Avibactam sodium hydrate (NXL-104 hydrate) is a covalent and reversible inhibitor of β-lactamase that does not contain a β-lactam core. Avibactam sodium hydrate inhibits β-lactamase CTX-M-15 and TEM-1 with IC 50 s of 5 nM and 8 nM, respectively.

Avibactam sodium hydrate (NXL-104 hydrate) is a compound exhibiting minimal antibacterial activity, primarily functioning to inhibit class A and C β-lactamases. However, it is ineffective against metallo-β-lactamases and Acinetobacter OXA carbapenemases [2].

Avibactam sodium hydrate (NXL-104 hydrate) exhibits a gradual restoration of its activity, with a delineated off-rate of 0.045±0.022 min^-1, equating to a residence time half-life (t1/2) of approximately 16±8 minutes. This suggests that Avibactam undergoes slow deacylation through hydrolysis or reversibility, contrasting with its previously cited extended half-life values of greater than 1 or 7 days when inhibiting TEM-1 [1]. As a novel β-lactamase inhibitor, Avibactam shows promise in countering β-lactamase-induced resistance.
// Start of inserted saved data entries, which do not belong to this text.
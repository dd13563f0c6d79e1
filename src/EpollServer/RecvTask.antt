-- ===== src/EpollServer/RecvTask.antt =====
-- `CSocketRecvTask` of ComandTran/src/EpollServer.cpp: the task that serves an event of epoll, on the
-- `CRecvDataProc` that stands on the epoll server. A result `none` is a fault, or the end of the fuel.
use cmdtran.Common.{
  ℕ, zero, suc, ◌+◌, ◌*◌, Bool, true, false, Option, none, some, length, ◌==◌, if◌then◌else◌,
}
use cmdtran.Common.Map.{insert}
use cmdtran.RecvDataProc.{RecvDataProc, add_client, quit_client, add_recv_data}
use cmdtran.EpollServer.Interface.{Kernel, Network, Received, bytes, end, failed}
use cmdtran.EpollServer.{EpollServer, new_socket, remove_socket, writable}
use cmdtran.EpollServer.Serves.{serves}

-- `MEM_POOL_BLOCK_SIZE *2`, with no parentheses in the macro.
abbrev pub read_size : ℕ
read_size = 1024 + 128 * 2

-- `epoll_event`, with the two flags that the task tests.
pub record Event : Type 0 where
  pub fd : ℕ
  pub epollin : Bool
  pub epollout : Bool

module _ (kernel : Kernel) (network : Network kernel) where
  open kernel use {State}
  open network use {accept, epoll_ctl_add, epoll_ctl_del, close, read}

  abbrev pub Proc : Type 0
  Proc = RecvDataProc (EpollServer State)

  abbrev pub with_server : EpollServer State → Proc → Proc
  with_server e p = record p { server = e }

  abbrev pub with_kernel : State → Proc → Proc
  with_kernel k p = record p { server = record p.server { kernel = k } }

  -- The branch for the listening socket behind `epoll_ctl`. `camera` is what the new `ClientInfo` has
  -- as a camera.
  unfoldable pub added : ℕ → ℕ → Bool × State → Proc → Proc
  added camera sock (false, k) p = with_kernel (close sock k) p
  added camera sock (true, k) p = add_client (serves kernel close) sock camera (
      with_server
        (record p.server {
          socket_info = insert sock (new_socket sock) p.server.socket_info;
          kernel = k;
        })
        p)

  -- The same behind `accept`. The socket −1 of an `accept` that failed is refused by `epoll_ctl` and by
  -- `close`.
  unfoldable pub accepted : ℕ → Option ℕ × State → Proc → Proc
  unfolding added
  accepted camera (none, k) p = with_kernel k p
  accepted camera (some sock, k) p = added camera sock (epoll_ctl_add sock k) p

  -- `ProcessRecvData` behind a `read`; the rest of the loop comes first.
  unfoldable pub read_round :
      (Proc → Option (Bool × Proc)) → ℕ → Received → Proc → Option (Bool × Proc)
  read_round rest sock end p =
      let q = quit_client (serves kernel close) sock (with_kernel (close sock p.server.kernel) p) in
      elim (remove_socket sock q.server) [ none ↦ none | some e ↦ some (false, with_server e q) ]
  read_round rest sock failed p = some (true, p)
  read_round rest sock (bytes buff) p =
      elim (add_recv_data (serves kernel close) sock buff (length buff) p) [
        | none ↦ none
        | some (done, p') ↦ rest p'
      ]

  unfoldable pub process_recv_data : ℕ → ℕ → Proc → Option (Bool × Proc)
  process_recv_data zero sock p = none
  process_recv_data (suc fuel) sock p =
      let (received, k) = read sock read_size p.server.kernel in
      read_round (process_recv_data fuel sock) sock received (with_kernel k p)

  -- The last branch, for an event that is neither.
  unfoldable pub hang_up : ℕ → Proc → Proc
  hang_up sock p =
      quit_client (serves kernel close) sock
        (with_kernel (close sock (epoll_ctl_del sock p.server.kernel)) p)

  unfoldable pub process_recv_ents : ℕ → ℕ → ℕ → Event → Proc → Option (Bool × Proc)
  unfolding accepted process_recv_data hang_up
  process_recv_ents fuel listen camera ev p =
      if ev.fd == listen
      then some (true, accepted camera (accept p.server.kernel) p)
      else if ev.epollin
      then (elim (process_recv_data fuel ev.fd p) [
        | none ↦ none
        | some (done, p') ↦ some (true, p')
      ])
      else if ev.epollout
      then (elim (writable ev.fd p.server) [
        | none ↦ none
        | some (done, e) ↦ some (done, with_server e p)
      ])
      else some (true, hang_up ev.fd p)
In experimental models, mice infected with approximately 10^6 CFU of Pseudomonas aeruginosa either intramuscularly in the thigh or intranasally to induce pneumonia receive eight distinct (single) subcutaneous doses of GR20263 and Avibactam in various combinations, with dosage ranging from 1 to 128 mg/kg in two-fold increments. The observed average half-life of GR20263 in plasma during the terminal phase is 0.28 h (SD, 0.02 h), while Avibactam exhibits a half-life of 0.24 h (SD, 0.04 h). The distribution volumes for GR20263 and Avibactam are 0.80 liters/kg (SD, 0.14 liters/kg) and 1.18 liters/kg (SD, 0.34 liters/kg), respectively [3].